> DATA SUPPLIED:
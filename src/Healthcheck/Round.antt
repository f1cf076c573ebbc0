-- ===== src/Healthcheck/Round.antt =====
-- A healthcheck of all workers: `healthcheck` of Controller/controller.cpp, with no thread of a worker
-- running in between.
use distributed_matrix_multi.Prelude.{
  ℕ, ◌+◌, ◌/◌, ◌%◌, ◌≤◌, ◌<◌, ◌≡◌, refl, true, false, Option, none, some, List, [], ◌∷◌, ◌>>=◌,
  arith, ◌==◌, if◌then◌else◌, Bool-cases, inl, inr, total, same, length, All,
}

-- The loop of the wait for worker `worker`: its new status, and what is still to come.
unfoldable pub await_status : ℕ → List (Option ℕ) → Option (ℕ × List (Option ℕ))
await_status worker [] = none
await_status worker (none ∷ received) = some (2, received)
await_status worker (some b ∷ received) =
    let rest = await_status worker received in
    if b % 128 == worker % 128 then some (b / 128 % 2, received) else rest

-- `worker_status` and `blocked_workers`.
pub record Checked : Type 0 where
  pub worker_status : List ℕ
  pub blocked_workers : ℕ
  pub received : List (Option ℕ)

abbrev pub checked : ℕ → Checked → Checked
checked status c = record c { worker_status = status ∷ c.worker_status }

-- From worker `worker` on; blocked workers are passed over.
unfoldable pub healthcheck_from : ℕ → List ℕ → ℕ → List (Option ℕ) → Option Checked
healthcheck_from worker [] blocked_workers received =
    some (record { worker_status = []; blocked_workers = blocked_workers; received = received })
healthcheck_from worker (status ∷ worker_status) blocked_workers received = elim (status == 2) [
  | true ↦ do
    rest ← healthcheck_from (worker + 1) worker_status blocked_workers received
    some (checked status rest)
  | false ↦ do
    (new_status, later) ← await_status worker received
    rest ←
        healthcheck_from (worker + 1) worker_status
          (if new_status == 2 then blocked_workers + 1 else blocked_workers) later
    some (checked new_status rest)
]

unfoldable pub healthcheck : List ℕ → ℕ → List (Option ℕ) → Option Checked
unfolding healthcheck_from
healthcheck worker_status blocked_workers received =
    healthcheck_from 0 worker_status blocked_workers received

-- How many workers are blocked.
abbrev pub blocked : List ℕ → ℕ
blocked worker_status = total (same 2) worker_status

-- A blocked worker stays blocked, and every status is one of the three.
abbrev pub KeepsBlocked : List ℕ → List ℕ → Type 0
KeepsBlocked [] [] = Unit {0}
KeepsBlocked (s ∷ ss) (s' ∷ ss') = ((s ≡ 2 → s' ≡ 2) × (s' ≤ 2)) × KeepsBlocked ss ss'
KeepsBlocked _ _ = ⊥

pub record Checks (worker_status : List ℕ) (blocked_workers : ℕ) (c : Checked) : Type 0 where
  pub kept : KeepsBlocked worker_status c.worker_status
  pub counted :
      c.blocked_workers + blocked worker_status ≡ blocked_workers + blocked c.worker_status

-- How many calls of `recvfrom` time out.
abbrev pub timeouts : List (Option ℕ) → ℕ
timeouts = total (λ r. elim r [ none ↦ 1 | some _ ↦ 0 ])

-- Waiting for one worker.
pub record Awaits (received : List (Option ℕ)) (result : Option (ℕ × List (Option ℕ)))
    : Type 0 where
  pub status : ℕ
  pub later : List (Option ℕ)
  pub returns : result ≡ some (status, later)
  pub in_range : status ≤ 2
  pub used : timeouts received ≤ timeouts later + 1

await_status-Awaits :
    (worker : ℕ) (received : List (Option ℕ))
    → 0 < timeouts received
    → Awaits received (await_status worker received)
unfolding await_status
await_status-Awaits worker [] h = absurd (omega arith)
await_status-Awaits worker (none ∷ received) h = record {
  status = 2;
  later = received;
  returns = refl;
  in_range = omega arith;
  used = omega arith;
}
await_status-Awaits worker (some b ∷ received) h = elim (Bool-cases (b % 128 == worker % 128)) [
  | inl own ↦ record {
    status = b / 128 % 2;
    later = received;
    returns = rw own refl;
    in_range = omega arith;
    used = omega arith;
  }
  | inr stray ↦
      let rest = await_status-Awaits worker received (omega (arith, h)) in
      record {
        status = rest.status;
        later = rest.later;
        returns = rw stray rest.returns;
        in_range = rest.in_range;
        used = omega (arith, rest.used);
      }
]

-- The result, and what holds of it.
pub record Returns (worker_status : List ℕ) (blocked_workers : ℕ) (result : Option Checked)
    : Type 0 where
  pub state : Checked
  pub returns : result ≡ some state
  pub checks : Checks worker_status blocked_workers state

healthcheck_from-Returns :
    (worker : ℕ) (worker_status : List ℕ) (blocked_workers : ℕ) (received : List (Option ℕ))
    → All (λ s. s ≤ 2) worker_status
    → length worker_status ≤ timeouts received
    → Returns worker_status blocked_workers
        (healthcheck_from worker worker_status blocked_workers received)
unfolding healthcheck_from
healthcheck_from-Returns worker [] n received valid enough = record {
  state = record { worker_status = []; blocked_workers = n; received = received };
  returns = refl;
  checks = record { kept = tt; counted = refl };
}
healthcheck_from-Returns worker (s ∷ ss) n received valid enough = elim (Bool-cases (s == 2)) [
  | inl is_blocked ↦
      let rest =
        healthcheck_from-Returns (worker + 1) ss n received valid.1 (omega (arith, enough)) in
      record {
        state = checked s rest.state;
        returns = ground (arith, rest.returns);
        checks = record {
          kept = ((λ e. e, valid.0), rest.checks.kept);
          counted = omega (arith, rest.checks.counted);
        };
      }
  | inr active ↦
      let got = await_status-Awaits worker received (omega (arith, enough)) in
      let n' = if got.status == 2 then n + 1 else n in
      let rest =
        healthcheck_from-Returns (worker + 1) ss n' got.later valid.1
          (omega (arith, enough, got.used)) in
      record {
        state = checked got.status rest.state;
        returns = ground (arith, got.returns, rest.returns);
        checks = record {
          kept = ((λ e. absurd (ground arith), got.in_range), rest.checks.kept);
          counted = ground (arith, rest.checks.counted);
        };
      }
]

-- A healthcheck ends as soon as `recvfrom` has timed out once for each worker, whatever messages come in
-- between. Then every blocked worker is still blocked, every status is waiting, working or blocked, and
-- `blocked_workers` has grown by the number of workers that were blocked anew.
pub healthcheck-Returns :
    (worker_status : List ℕ) (blocked_workers : ℕ) (received : List (Option ℕ))
    → All (λ s. s ≤ 2) worker_status
    → length worker_status ≤ timeouts received
    → Returns worker_status blocked_workers (healthcheck worker_status blocked_workers received)
unfolding healthcheck
healthcheck-Returns worker_status blocked_workers received valid enough =
    healthcheck_from-Returns 0 worker_status blocked_workers received valid enough
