-- ===== src/Healthcheck/Tests.antt =====
-- Worker 130 of Controller/controller.cpp, whose number does not fit into seven bits, answers behind a
-- message of worker 4.
use distributed_matrix_multi.Prelude.{◌≡◌, refl, none, some, [], ◌∷◌, arith}
use distributed_matrix_multi.Healthcheck.Round.{
  Returns, await_status, healthcheck, healthcheck-Returns,
}

-- Worker 0 answers behind a message of worker 5, worker 1 is blocked, and worker 2 does not answer.
healthcheck-Returns_example :
    Returns
      (0 ∷ 2 ∷ 1 ∷ [])
      1
      (healthcheck (0 ∷ 2 ∷ 1 ∷ []) 1 (some 133 ∷ some 128 ∷ none ∷ none ∷ none ∷ []))
healthcheck-Returns_example =
    healthcheck-Returns (0 ∷ 2 ∷ 1 ∷ []) 1 (some 133 ∷ some 128 ∷ none ∷ none ∷ none ∷ [])
      (omega arith, (omega arith, (omega arith, tt))) (omega arith)

healthcheck_run :
    healthcheck (0 ∷ 2 ∷ 1 ∷ []) 1 (some 133 ∷ some 128 ∷ none ∷ none ∷ none ∷ [])
    ≡ some (record {
      worker_status = 1 ∷ 2 ∷ 2 ∷ [];
      blocked_workers = 2;
      received = none ∷ none ∷ [];
    })
unfolding healthcheck await_status
healthcheck_run = refl
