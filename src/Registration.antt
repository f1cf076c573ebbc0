-- ===== src/Registration.antt =====
-- The registration of the workers: `registerWorkers` of Controller/controller.cpp and
-- `registerAtController` of Worker/worker.cpp. An address is what `recvfrom` and `sendto` use.
mod Tests
use mathlib.Core.Option.{some_inj, none-ne-some}
use distributed_matrix_multi.Prelude.{
  ℕ, zero, suc, ◌+◌, ◌*◌, ◌/◌, ◌%◌, ◌≤◌, ◌<◌, ◌≡◌, refl, sym, subst, true, ap, ◌∙◌, Option, none,
  some, List, [], ◌∷◌, ◌>>=◌, >>=-eq-some, arith, ltb, if◌then◌else◌, get_elem?, length, ℤ, pos,
  negsuc, ◌-◌, i32_bound, Bytes,
}
use distributed_matrix_multi.Healthcheck.{request_byte}

-- `writeToBuffer` of an `int`: its four bytes, the lowest first.
unfoldable pub int_bytes : ℕ → Bytes
int_bytes i = (i % 256) ∷ (i / 256 % 256) ∷ (i / 65536 % 256) ∷ (i / 16777216 % 256) ∷ []

-- `*(int *)buf`.
unfoldable pub read_int : Bytes → Option ℤ
read_int (a ∷ b ∷ c ∷ d ∷ rest) =
    let u = a + 256 * b + 65536 * c + 16777216 * d in
    some (if ltb u 2147483648 then pos u else negsuc (4294967296 - u - 1))
read_int _ = none

-- The vectors that the controller fills, and what it sends.
pub record Registered (A : Type 0) : Type 0 where
  pub worker_addr : List A
  pub worker_status : List ℕ
  pub messages : List (A × Bytes)

module _ {A : Type 0} where
  abbrev pub registered : A → ℕ → Registered A → Registered A
  registered address i r = record {
    worker_addr = address ∷ r.worker_addr;
    worker_status = 0 ∷ r.worker_status;
    messages = (address, int_bytes i) ∷ r.messages;
  }

  -- `rounds` workers from number `i` on; the addresses are those of the messages that arrive. `none` means
  -- that the controller still waits.
  unfoldable pub register_from : ℕ → ℕ → List A → Option (Registered A)
  unfolding int_bytes
  register_from zero i arriving =
      some (record { worker_addr = []; worker_status = []; messages = [] })
  register_from (suc rounds) i [] = none
  register_from (suc rounds) i (address ∷ arriving) = do
    rest ← register_from rounds (i + 1) arriving
    some (registered address i rest)

  unfoldable pub register_workers : ℕ → List A → Option (Registered A)
  unfolding register_from
  register_workers number_workers arriving = register_from number_workers 0 arriving

-- What the worker keeps of the reply: its number, and the request of the healthcheck that it expects.
pub record Registration : Type 0 where
  pub worker_nr : ℤ
  pub healthcheck_request_msg : ℕ

abbrev pub keep_number : ℤ → Option Registration
keep_number (pos n) = some (record { worker_nr = pos n; healthcheck_request_msg = request_byte n })
keep_number (negsuc n) = none

-- A negative number, which the controller does not send, is left out.
unfoldable pub register_at_controller : Bytes → Option Registration
unfolding read_int
register_at_controller buf = do worker_nr ← read_int buf; keep_number worker_nr

read_int-int_bytes : (i : ℕ) → i < i32_bound → read_int (int_bytes i) ≡ some (pos i)
unfolding read_int int_bytes
read_int-int_bytes i h =
    let u =
      i % 256
      + 256 * (i / 256 % 256)
      + 65536 * (i / 65536 % 256)
      + 16777216 * (i / 16777216 % 256) in
    let whole : u ≡ i = omega arith in
    let small : ltb i 2147483648 ≡ true = ground arith in rw (whole, small) refl

-- What worker `i` of those at `arriving` has, and the controller of it; the numbers start at `low`.
pub record HasNumber {A : Type 0} (low i : ℕ) (address : A) (r : Registered A) : Type 0 where
  pub reachable : get_elem? r.worker_addr i ≡ some address
  pub waits : get_elem? r.worker_status i ≡ some 0
  pub sent : get_elem? r.messages i ≡ some (address, int_bytes (low + i))
  pub kept :
      register_at_controller (int_bytes (low + i))
      ≡ some
          (record { worker_nr = pos (low + i); healthcheck_request_msg = request_byte (low + i) })

pub record Registers {A : Type 0} (rounds low : ℕ) (arriving : List A)
    (result : Option (Registered A)) : Type 0 where
  pub state : Registered A
  pub returns : result ≡ some state
  pub numbers :
      (i : ℕ) (address : A)
      → i < rounds
      → get_elem? arriving i ≡ some address
      → HasNumber low i address state

register_at_controller-int_bytes :
    (i : ℕ)
    → i < i32_bound
    → register_at_controller (int_bytes i)
      ≡ some (record { worker_nr = pos i; healthcheck_request_msg = request_byte i })
unfolding register_at_controller
register_at_controller-int_bytes i h = rw (read_int-int_bytes i h) refl

module _ {A : Type 0} where
  first-HasNumber :
      (low : ℕ) (address : A) (r : Registered A)
      → low < i32_bound
      → HasNumber low 0 address (registered address low r)
  first-HasNumber low address r h =
      let same : low + 0 ≡ low = omega arith in
      record {
        reachable = refl;
        waits = refl;
        sent = rw same refl;
        kept = rw same (register_at_controller-int_bytes low h);
      }

  next-HasNumber :
      (low i : ℕ) (first address : A) (r : Registered A)
      → HasNumber (low + 1) i address r
      → HasNumber low (suc i) address (registered first low r)
  next-HasNumber low i first address r h =
      let same : low + suc i ≡ low + 1 + i = omega arith in
      record {
        reachable = h.reachable;
        waits = h.waits;
        sent = rw same (h.sent);
        kept = rw same (h.kept);
      }

  register_from-Registers :
      (rounds low : ℕ) (arriving : List A)
      → rounds ≤ length arriving
      → low + rounds ≤ i32_bound
      → Registers rounds low arriving (register_from rounds low arriving)
  unfolding register_from
  register_from-Registers zero low arriving h k = record {
    state = record { worker_addr = []; worker_status = []; messages = [] };
    returns = refl;
    numbers = λ i address lt e. absurd (omega arith);
  }
  register_from-Registers (suc rounds) low [] h k = absurd (omega arith)
  register_from-Registers (suc rounds) low (first ∷ arriving) h k =
      let rest = register_from-Registers rounds (low + 1) arriving (omega arith) (omega arith) in
      record {
        state = registered first low rest.state;
        returns = rw rest.returns refl;
        numbers = λ i address lt e. found rest.state (rest.numbers) i address lt e;
      }
    where
      found :
          (r : Registered A)
          → ((i : ℕ) (address : A)
              → i < rounds
              → get_elem? arriving i ≡ some address
              → HasNumber (low + 1) i address r)
          → (i : ℕ) (address : A) → i < suc rounds
          → get_elem? (first ∷ arriving) i ≡ some address
          → HasNumber low i address (registered first low r)
      found r rest zero address lt e =
          subst (λ a. HasNumber low 0 a (registered first low r)) (some_inj.0 e)
            (first-HasNumber low first r (omega arith))
      found r rest (suc i) address lt e =
          next-HasNumber low i first address r (rest i address (omega arith) e)

  -- When as many registrations arrive as workers are expected, the registration ends. The worker whose
  -- message came as number `i`, counted from zero, is then known under its address and waits for a task,
  -- and it is sent the number `i`, from whose four bytes it reads `i` and makes the request of the
  -- healthcheck that the controller will send to it.
  pub register_workers-Registers :
      (number_workers : ℕ) (arriving : List A)
      → number_workers ≤ length arriving
      → number_workers ≤ i32_bound
      → Registers number_workers 0 arriving (register_workers number_workers arriving)
  unfolding register_workers
  register_workers-Registers number_workers arriving h k =
      register_from-Registers number_workers 0 arriving h (omega arith)
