-- ===== src/Registration/Tests.antt =====
-- Two workers register at Controller/controller.cpp; a third one comes too late.
use distributed_matrix_multi.Prelude.{ℕ, [], ◌∷◌, arith}
use distributed_matrix_multi.Registration.{Registers, register_workers, register_workers-Registers}

register_workers-Registers_example :
    Registers {A = ℕ} 2 0 (7 ∷ 5 ∷ 9 ∷ []) (register_workers 2 (7 ∷ 5 ∷ 9 ∷ []))
register_workers-Registers_example =
    register_workers-Registers 2 (7 ∷ 5 ∷ 9 ∷ []) (omega arith) (omega arith)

> WHAT YOU WILL DO: Of the entries above, transcribe exactly those lines that fall between the line containing "pos i; healthcheck_request_msg" and the line containing "low < i32_bound", together with those two lines.

> PROBLEM SOLUTION:
      ≡ some (record { worker_nr = pos i; healthcheck_request_msg = request_byte i })
unfolding register_at_controller
register_at_controller-int_bytes i h = rw (read_int-int_bytes i h) refl

module _ {A : Type 0} where
  first-HasNumber :
      (low : ℕ) (address : A) (r : Registered A)
      → low < i32_bound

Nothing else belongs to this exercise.